When I set BufferedStreamEnabled to true, the library seems to be reading the row group page by page, which is not optimal for cloud usage.
How can I improve this? I imagine that the best way to improve this would be to read multiple pages in one read() sys call?

Component(s)

Parquet

zeroshade · 2025-02-13T18:22:38Z

Hi @stevbear

Optimizing the reading from S3 has been on my list for a while and I just hadn't gotten around to it. It didn't get prioritized because no one had filed any issues concerning it, so thank you for filing this!

When I set BufferedStreamEnabled to true, the library seems to be reading the row group page by page, which is not optimal for cloud usage.

This is likely because the default buffer size is 16KB, have you tried increasing the BufferSize member of the ReaderProperties so that it buffers more pages at a time? Perhaps try a buffer of a few MB?

I have a few ideas to further optimize via pre-buffering (which all have different trade-offs) so can you give me a bit more context to make sure that your use case would be helped and to identify which idea would work best for you?

Specifically: If reading an entire column for a single row group gives you OOM, you either have a significantly large row group, or I'm guessing it's string data with a lot of large strings? That leads to the question of what you're doing with the column data after you read it from the row group. If you can't hold the entire column in memory from a single row group, are you streaming the data somewhere? Are you reading only a single column at a time or multiple columns from the row group? Can you give me more of an idea of the sizes of the columns / row group of the file and the memory limitations of your system?

Is the issue the copy that happens when decoding/decompressing the column data? etc.

The more information the better so we can figure out a good solution here, gives me the opportunity to improve the memory usage of the parquet package like I've been wanting to! 😄

stevbear · 2025-02-13T18:38:42Z

Hi @zeroshade, thanks for getting back to me.
The OOM is not my concern at the moment, as I was able to get away with using BufferSize and specifying a reasonable batch size. My concern is more on efficiency. The BufferSize inside of ReaderProperties doesn't matter that much If I'm reading the source code correctly, as it creates a new buffer when reading the page data (https://github.com/apache/arrow-go/blob/main/parquet/file/page_reader.go#L543).
We have a not so usual use case of using parquet files for point reads, meaning that, on each read, we will only be reading a few hundred rows, that is in one, or 2 - 3 consecutive pages. Looking at the implementation, I will be able to use column indexes and page indexes to narrow down the pages I will need (thanks to your recent changes). In the current implementation, what I have observed is that, for those pages, it will require 1 read for the page header, and another read for the content (sometimes this doesn't happen if reading the page header covers the content).
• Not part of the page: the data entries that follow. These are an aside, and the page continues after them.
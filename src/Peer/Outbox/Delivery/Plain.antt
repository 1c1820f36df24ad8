-- ===== src/Peer/Outbox/Delivery/Plain.antt =====
-- The sending of a message that is not sealed: an acknowledgement, an error, a key, a profile.
use nonetchat_web.Prelude.{
  String, ◌≡◌, refl, Bool, true, false, Option, none, some, List, [], ◌∷◌, ◌++◌, eq_iff, arith, inl,
  inr, Bool-cases, ap, ◌∙◌, sym, truthy, is_some, ltb, ◌&&◌,
}
use mathlib.Core.Path.{subst}
use nonetchat_web.Prelude.Dict
use nonetchat_web.Prelude.Dict.{get-set}
use nonetchat_web.Protocol.{PeerMessage, is_chat, is_size_limited}
use nonetchat_web.Peer.State.{Peer, Channel, QueuedMessage, Draw, Platform, peer_frame}
use nonetchat_web.Peer.Outbox.{
  get_queue, has_id, remove_from, store_queue, remove_id, remove_queued_message, report_sent,
  after_send, send_on, sent_on, route, send_encrypted, send_to_peer, sent, encrypt_payload,
  open_channel, push_frame, keep_for_later, enqueue_message, persist_queued_chat_message, choose_id,
  max_profile_wire,
}

-- The state after a call differs in the queues and the channels only.
abbrev pub SameButOutbox : Peer → Peer → Type 0
SameButOutbox s t =
    t ≡ record s { message_queue = t.message_queue; data_channels = t.data_channels }

module _ (peer_id : String) where
  store_queue-SameButOutbox :
      (q : List QueuedMessage) (t : Peer) → SameButOutbox t (store_queue peer_id q t)
  store_queue-SameButOutbox [] t = refl
  store_queue-SameButOutbox (x ∷ xs) t = refl

  channels-store_queue :
      (q : List QueuedMessage) (t : Peer)
      → (store_queue peer_id q t).data_channels ≡ t.data_channels
  channels-store_queue [] t = refl
  channels-store_queue (x ∷ xs) t = refl

  pub remove_queued_message-SameButOutbox :
      (id : String) (t : Peer)
      → SameButOutbox t (remove_queued_message peer_id id t)
        × ((remove_queued_message peer_id id t).data_channels ≡ t.data_channels)
  unfolding remove_queued_message
  remove_queued_message-SameButOutbox id t = go (Dict.get peer_id t.message_queue)
    where
      go :
          (o : Option (List QueuedMessage))
          → SameButOutbox t (remove_from peer_id id t o)
            × ((remove_from peer_id id t o).data_channels ≡ t.data_channels)
      go none = (refl, refl)
      go (some q) = elim (Bool-cases (has_id id q)) [
        | inl here ↦
            rw here (
              store_queue-SameButOutbox (remove_id id q) t,
              channels-store_queue (remove_id id q) t,
            )
        | inr gone ↦ rw gone (refl, refl)
      ]

  -- Where the message is not a chat message, nothing is reported after it is sent.
  after_send_plain :
      (m : PeerMessage) (id : String) (t : Peer)
      → is_chat m.kind ≡ false
      → after_send peer_id m id t ≡ t
  unfolding after_send
  after_send_plain m id t plain = go (truthy m.message_id)
    where
      go : (o : Option String) → report_sent peer_id id (is_chat m.kind) t o ≡ t
      go none = refl
      go (some k) = rw plain refl

  enqueue_message-SameButOutbox :
      (m : PeerMessage) (id : Option String) (d : Draw) (t : Peer)
      → SameButOutbox t (enqueue_message peer_id m id false d t)
  unfolding enqueue_message
  enqueue_message-SameButOutbox m id d t =
      elim (Bool-cases (has_id (choose_id id m d) (get_queue peer_id t))) [
        | inl here ↦ rw here refl
        | inr gone ↦ rw gone refl
      ]

  persist_plain :
      (m : PeerMessage) (id : String) (d : Draw) (t : Peer)
      → is_chat m.kind ≡ false
      → persist_queued_chat_message peer_id id m d.now t ≡ t
  unfolding persist_queued_chat_message
  persist_plain m id d t plain = rw plain refl

  keep_for_later-SameButOutbox :
      (m : PeerMessage) (id : String) (d : Draw) (t : Peer)
      → is_chat m.kind ≡ false
      → SameButOutbox t (keep_for_later peer_id m id d t)
  unfolding keep_for_later
  keep_for_later-SameButOutbox m id d t plain =
      let kept = enqueue_message peer_id m (some id) false d t in
      elim (Bool-cases (is_some (truthy m.message_id))) [
        | inl e ↦
            rw e
              (rw (persist_plain m id d kept plain) (enqueue_message-SameButOutbox m (some id) d t))
        | inr e ↦ rw e (enqueue_message-SameButOutbox m (some id) d t)
      ]

module _ (p : Platform) (peer_id : String) (m : PeerMessage) (d : Draw) (s : Peer)
    (plain : is_chat m.kind ≡ false) where
  abbrev id : String
  id = choose_id none m d

  unsealed : encrypt_payload p peer_id m d s ≡ some m
  unfolding encrypt_payload
  unsealed = rw plain refl

  on_channel : (dc : Channel) (b : Bool) → SameButOutbox s (sent_on peer_id m m id false d dc s b).1
  on_channel dc true = keep_for_later-SameButOutbox peer_id m id d s plain
  on_channel dc false =
      let pushed = push_frame peer_id dc (peer_frame m) s in
      rw (after_send_plain peer_id m id pushed plain)
        ((remove_queued_message-SameButOutbox peer_id id pushed).0)

  by_route : (o : Option Channel) → SameButOutbox s (route peer_id m m id false d s o).1
  unfolding send_on
  by_route none = keep_for_later-SameButOutbox peer_id m id d s plain
  by_route (some dc) = on_channel dc dc.full

  as_plain :
      send_to_peer p peer_id m false none d s ≡ send_encrypted p peer_id m id false d s (some m)
  unfolding send_to_peer
  as_plain = ap (send_encrypted p peer_id m id false d s) unsealed

  -- Whatever becomes of it, only the queues and the channels change.
  pub send_to_peer-SameButOutbox : SameButOutbox s (send_to_peer p peer_id m false none d s).1
  send_to_peer-SameButOutbox =
      subst (λ r. SameButOutbox s r.1) (sym as_plain)
        (elim (Bool-cases (is_size_limited m.kind && ltb max_profile_wire (p.wire_length m))) [
          | inl e ↦ rw e refl
          | inr e ↦ rw e (by_route (open_channel peer_id s))
        ])

  -- On an open channel with room it is the last frame.
  pub send_to_peer-sends :
      (dc : Channel)
      → is_size_limited m.kind ≡ false
      → open_channel peer_id s ≡ some dc
      → dc.full ≡ false
      → let r = send_to_peer p peer_id m false none d s in
        (r.0 ≡ sent)
        × (Dict.get peer_id r.1.data_channels
            ≡ some (record dc { frames = dc.frames ++ peer_frame m ∷ [] }))
  unfolding send_on
  send_to_peer-sends dc small ready room =
      let pushed = push_frame peer_id dc (peer_frame m) s in
      let sent_now : send_to_peer p peer_id m false none d s
          ≡ sent_on peer_id m m id false d dc s false =
        as_plain
        ∙ (rw small (
            ap (route peer_id m m id false d s) ready
            ∙ ap (sent_on peer_id m m id false d dc s) room)) in
      rw sent_now (
        refl,
        ap (Dict.get peer_id) (
              (remove_queued_message-SameButOutbox peer_id id (after_send peer_id m id pushed)).1
              ∙ ap (λ (t : Peer). t.data_channels) (after_send_plain peer_id m id pushed plain))
            ∙ (get-set peer_id peer_id (record dc { frames = dc.frames ++ peer_frame m ∷ [] })
                  s.data_channels
                ∙ ground (arith, eq_iff peer_id peer_id)),
      )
I was thinking that, since S3 has high latency, it would be more efficient to support a mechanism of reading 2 or more pages at the same time, given that memory will fit.
Thanks again!

zeroshade · 2025-02-13T19:09:33Z

The BufferSize matters because it controls the underlying BufferedReader that is being read from, (see https://github.com/apache/arrow-go/blob/main/internal/utils/buf_reader.go#L72). When the page reader attempts to read from S3 for the page header and data, the underlying BufferedReader will first read BufferSize data from S3 to fill the buffer and the buffers that are created/allocated are merely copying from that internal buffer.

In the current implementation, what I have observed is that, for those pages, it will require 1 read for the page header, and another read for the content (sometimes this doesn't happen if reading the page header covers the content). I was thinking that, since S3 has high latency, it would be more efficient to support a mechanism of reading 2 or more pages at the same time, given that memory will fit.
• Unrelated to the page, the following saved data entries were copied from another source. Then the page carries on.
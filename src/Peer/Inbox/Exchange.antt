-- ===== src/Peer/Inbox/Exchange.antt =====
-- A message from the one that sends it to the one that reads it, and what goes back (`sendMessage` and the
-- handlers of 'chat-message', 'message-delivered' and 'message-error' in src/services/PeerService.ts).
use nonetchat_web.Prelude.{ℕ, String, ◌≡◌, refl, false, none, some, [], ◌∷◌, ◌++◌, ap, ◌∙◌, truthy}
use nonetchat_web.Prelude.Dict
use nonetchat_web.Protocol.{
  PeerMessage, Payload, chat_message, text, message_delivered, null, sealed, is_chat,
  is_size_limited,
}
use nonetchat_web.Store.Types.{Db, Status}
use nonetchat_web.Store.Exec.{ready, write, transaction}
use nonetchat_web.Store.Messages.{update_message_status, change_message}
use nonetchat_web.Peer.State.{
  Peer, Channel, Own, Platform, Draw, peer_frame, chat_received, delivered, decrypt_failed,
  outgoing_message_error,
}
use nonetchat_web.Peer.Outbox.{send_message, send_to_peer, open_channel, if_open, emit}
use nonetchat_web.Peer.Outbox.Queue.{IsOutbox}
use nonetchat_web.Peer.Outbox.Delivery.Sent.{sealed_message, send_to_peer-delivers}
use nonetchat_web.Peer.Outbox.Delivery.Plain.{send_to_peer-SameButOutbox, send_to_peer-sends}
use nonetchat_web.Peer.Links.{is_blocked}
use nonetchat_web.Peer.Inbox.{
  on_message, on_chat_message, send_message_delivered_ack, decrypt_message, error_message,
  on_message_error,
}

abbrev pub chat : String → String → PeerMessage
chat content id = record { kind = chat_message; payload = text content; message_id = some id }

abbrev pub chat_of : Payload → String → PeerMessage
chat_of payload id = record { kind = chat_message; payload = payload; message_id = some id }

abbrev pub ack : String → PeerMessage
ack id = record { kind = message_delivered; payload = null; message_id = some id }

-- A peer whose channel to another is open and has room.
abbrev pub CanSend : String → Channel → Peer → Type 0
CanSend peer_id dc s = (open_channel peer_id s ≡ some dc) × (dc.full ≡ false)

abbrev pub with_frame : Channel → PeerMessage → Channel
with_frame dc m = record dc { frames = dc.frames ++ peer_frame m ∷ [] }

module _ (p : Platform) (o : Own) (draws : ℕ → Draw) (d : Draw) (peer_id id : String)
    (named : truthy (some id) ≡ some id) (b : Peer) (open_to : is_blocked peer_id b ≡ false)
    (dc : Channel) (can_send : CanSend peer_id dc b) where
  -- The answer is the last frame of the channel, and sending it emits nothing.
  answered :
      (m : PeerMessage) (t : Peer)
      → is_chat m.kind ≡ false
      → is_size_limited m.kind ≡ false
      → t.data_channels ≡ b.data_channels
      → let r = (send_to_peer p peer_id m false none d t).1 in
        (r.events ≡ t.events) × (Dict.get peer_id r.data_channels ≡ some (with_frame dc m))
  answered m t plain small same = (
    ap (λ (u : Peer). u.events) (send_to_peer-SameButOutbox p peer_id m d t plain),
    (send_to_peer-sends p peer_id m d t plain dc small
        (ap (λ c. if_open (Dict.get peer_id c)) same ∙ can_send.0) can_send.1).1,
  )

  pub on_message-opens :
      (payload : Payload) (content : String)
      → decrypt_message p peer_id payload b ≡ some content
      → let r = on_message p o peer_id draws d (chat_of payload id) b in
        (r.events ≡ b.events ++ chat_received peer_id content (some id) ∷ [])
        × (Dict.get peer_id r.data_channels ≡ some (with_frame dc (ack id)))
  unfolding on_message on_chat_message send_message_delivered_ack
  on_message-opens payload content opened = rw open_to (
      rw opened (
        rw named
          (answered (ack id) (emit (chat_received peer_id content (some id)) b) refl refl refl)))

  pub on_message-refuses :
      (payload : Payload)
      → decrypt_message p peer_id payload b ≡ none
      → let r = on_message p o peer_id draws d (chat_of payload id) b in
        (r.events ≡ b.events ++ decrypt_failed peer_id id ∷ [])
        × (Dict.get peer_id r.data_channels ≡ some (with_frame dc (error_message id)))
  unfolding on_message on_chat_message
  on_message-refuses payload failed = rw open_to (
      rw failed (
        rw named (answered (error_message id) (emit (decrypt_failed peer_id id) b) refl refl refl)))

module _ (p : Platform)
    (opens : (key iv t : String) → p.decrypt key iv (p.encrypt key iv t) ≡ some t) where
  -- What is sealed under a secret that the receiver has too is opened by it.
  decrypt_message-sealed :
      (peer_id key iv t : String) (b : Peer)
      → Dict.get peer_id b.shared_secrets ≡ some key
      → decrypt_message p peer_id (sealed iv (p.encrypt key iv t)) b ≡ some t
  unfolding decrypt_message
  decrypt_message-sealed peer_id key iv t b shared = rw shared (opens key iv t)

  -- A text that `a` sends to `b` goes out as one frame; where `b` has the same secret and does not
  -- block `a`, its handling of that frame emits exactly this text with its id, and answers with an
  -- acknowledgement, on which `a` emits that the message was delivered. Both have an open channel
  -- with room to each other, `a`'s outbox is well formed, the id is not empty, and the cipher opens
  -- what it sealed.
  pub send_message-on_message :
      (ida idb key content id : String) (a b : Peer) (ca cb : Channel) (da d : Draw) (o : Own)
      (draws : ℕ → Draw)
      → truthy (some id) ≡ some id
      → IsOutbox a
      → Dict.get idb a.shared_secrets ≡ some key
      → Dict.get ida b.shared_secrets ≡ some key
      → CanSend idb ca a
      → CanSend ida cb b
      → is_blocked ida b ≡ false
      → is_blocked idb a ≡ false
      → let out = sealed_message p key (chat content id) da in
        let r = on_message p o ida draws d out b in
        (Dict.get idb (send_message p idb content (some id) da a).1.data_channels
          ≡ some (with_frame ca out))
        × (r.events ≡ b.events ++ chat_received ida content (some id) ∷ [])
        × (Dict.get ida r.data_channels ≡ some (with_frame cb (ack id)))
        × (on_message p o idb draws d (ack id) a ≡ emit (delivered idb (some id)) a)
  unfolding send_message on_message
  send_message-on_message ida idb key content id a b ca cb da d o draws named out sa sb can_a can_b
        open_b open_a =
      let got =
        on_message-opens p o draws d ida id named b open_b cb can_b
          (sealed da.iv (p.encrypt key da.iv content)) content
          (decrypt_message-sealed ida key da.iv content b sb) in
      (
        (send_to_peer-delivers p idb (chat content id) da a out key ca false none refl sa can_a.0
            can_a.1).1,
        got.0,
        got.1,
        rw open_a refl,
      )

-- A chat message that `b` cannot open is answered with an error, on which `a`, whose database is
-- open and commits, sets the status of that message to 'error' and emits that it failed. Neither
-- blocks the other, `b` has an open channel with room, and the id is not empty.
pub on_message-reports_failure :
    (p : Platform) (o : Own) (draws : ℕ → Draw) (d : Draw) (ida idb id : String) (a b : Peer)
    (cb : Channel) (db : Db) (payload : Payload)
    → truthy (some id) ≡ some id
    → CanSend ida cb b
    → is_blocked ida b ≡ false
    → is_blocked idb a ≡ false
    → a.idb ≡ ready db
    → decrypt_message p ida payload b ≡ none
    → let r = on_message p o ida draws d (chat_of payload id) b in
      (r.events ≡ b.events ++ decrypt_failed ida id ∷ [])
      × (Dict.get ida r.data_channels ≡ some (with_frame cb (error_message id)))
      × (on_message p o idb draws d (error_message id) a
          ≡ emit (outgoing_message_error idb id (some "decrypt-failed")) (record a {
            idb = ready (change_message (λ m. record m { status = some Status.failed }) id db);
          }))
unfolding on_message on_message_error update_message_status write transaction
on_message-reports_failure p o draws d ida idb id a b cb db payload named can_b open_b open_a
      commits failed =
    let told = on_message-refuses p o draws d ida id named b open_b cb can_b payload failed in
    (told.0, told.1, rw open_a (rw named (rw commits refl)))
Assuming the BufferSize is large enough and BufferedStreamEnabled is true, it should read multiple pages at once for you. Another option would be to enable providing a read-cache that you could pre-populate by using the OffsetIndex and PageLocations if you know which pages you want. That said, right now the current APIs don't make it easy (or really possible) to have the page reader skip entire pages or read specific pages and take advantage of such a read-cache. So In addition to the read-cache I'd have to add changes to make that more possible.

Does that make sense?

stevbear · 2025-02-13T19:38:37Z

Thanks! That makes complete sense!
Do you have an example handy of using column indexes and offset indexes and reading pages? I assume that will be using the PageReader?

zeroshade · 2025-02-13T19:42:39Z

That's where the current problem is, as it currently stands there isn't a good way to actually use the column and offset indexes when reading pages as right now there isn't a way to tell the page reader to skip an entire page or to utilize the pagelocation/offset information to go to a specific page.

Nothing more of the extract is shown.